REQUIRED WORK: Your task is to set down the line containing "gc.heap.bytes h ≡ false)" and every later line of the entries, word for word, including the last.

STUDY MATERIAL:
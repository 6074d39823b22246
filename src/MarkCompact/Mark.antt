-- ===== src/MarkCompact/Mark.antt =====
-- crates/gc-mod05/src/lib.rs: the mark phase.
use gc_united.Base.{
  ◌+◌, ◌≤◌, ◌<◌, ◌≡◌, refl, ◌↔◌, true, false, List, length, has, count, ok, u64_values,
}
use gc_united.Heap.{Handle, write}
use gc_united.Roots
use gc_united.Marking.Graph.{IsGraph, mark_all, marked_at}
use gc_united.Marking.Reach.{Reach, mark_from-Reach}
use gc_united.MarkCompact.{MarkCompact, mark_from_roots}

-- `gc` after the objects `hs` were marked and counted.
abbrev pub marked : MarkCompact → List Handle → MarkCompact
marked gc hs = record gc {
  heap = write gc.heap (mark_all gc.heap.bytes hs);
  stats = record gc.stats { objects_marked = gc.stats.objects_marked + length hs };
}

-- The heap is a graph of blocks in which nothing is marked, every root that is not null names a
-- block, and the counter has room. Then `mark_from_roots` ends, and marks and counts each object that
-- references lead to from the roots, once, and no other; nothing but mark bits and that counter
-- changes.
pub mark_from_roots-Reach :
    (gc : MarkCompact) (bs : List Handle)
    → IsGraph gc.heap bs gc.top
    → ((h : Handle) → has h bs ≡ true → marked_at gc.heap.bytes h ≡ false)
    → ((h : Handle) → has h (Roots.handles gc.roots) ≡ true → has h bs ≡ true)
    → gc.stats.objects_marked + length bs < u64_values
    → (hs : List Handle) × (mark_from_roots gc ≡ ok (marked gc hs))
      × ((a : Handle) → (has a hs ≡ true) ↔ Reach gc.heap.bytes (Roots.handles gc.roots) a)
      × ((a : Handle) → count a hs ≤ 1)
      × ((a : Handle) → has a bs ≡ true → marked_at (mark_all gc.heap.bytes hs) a ≡ has a hs)
unfolding mark_from_roots
mark_from_roots-Reach gc bs g clear rooted counted =
    let (hs, e, reached, once, marks) =
      mark_from-Reach g clear (Roots.handles gc.roots) rooted gc.stats.objects_marked counted in
    (hs, rw e refl, reached, once, marks)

RESULT FOR THIS TASK:
    → ((h : Handle) → has h bs ≡ true → marked_at gc.heap.bytes h ≡ false)
    → ((h : Handle) → has h (Roots.handles gc.roots) ≡ true → has h bs ≡ true)
    → gc.stats.objects_marked + length bs < u64_values
    → (hs : List Handle) × (mark_from_roots gc ≡ ok (marked gc hs))
      × ((a : Handle) → (has a hs ≡ true) ↔ Reach gc.heap.bytes (Roots.handles gc.roots) a)
      × ((a : Handle) → count a hs ≤ 1)
      × ((a : Handle) → has a bs ≡ true → marked_at (mark_all gc.heap.bytes hs) a ≡ has a hs)
unfolding mark_from_roots
mark_from_roots-Reach gc bs g clear rooted counted =
    let (hs, e, reached, once, marks) =
      mark_from-Reach g clear (Roots.handles gc.roots) rooted gc.stats.objects_marked counted in
    (hs, rw e refl, reached, once, marks)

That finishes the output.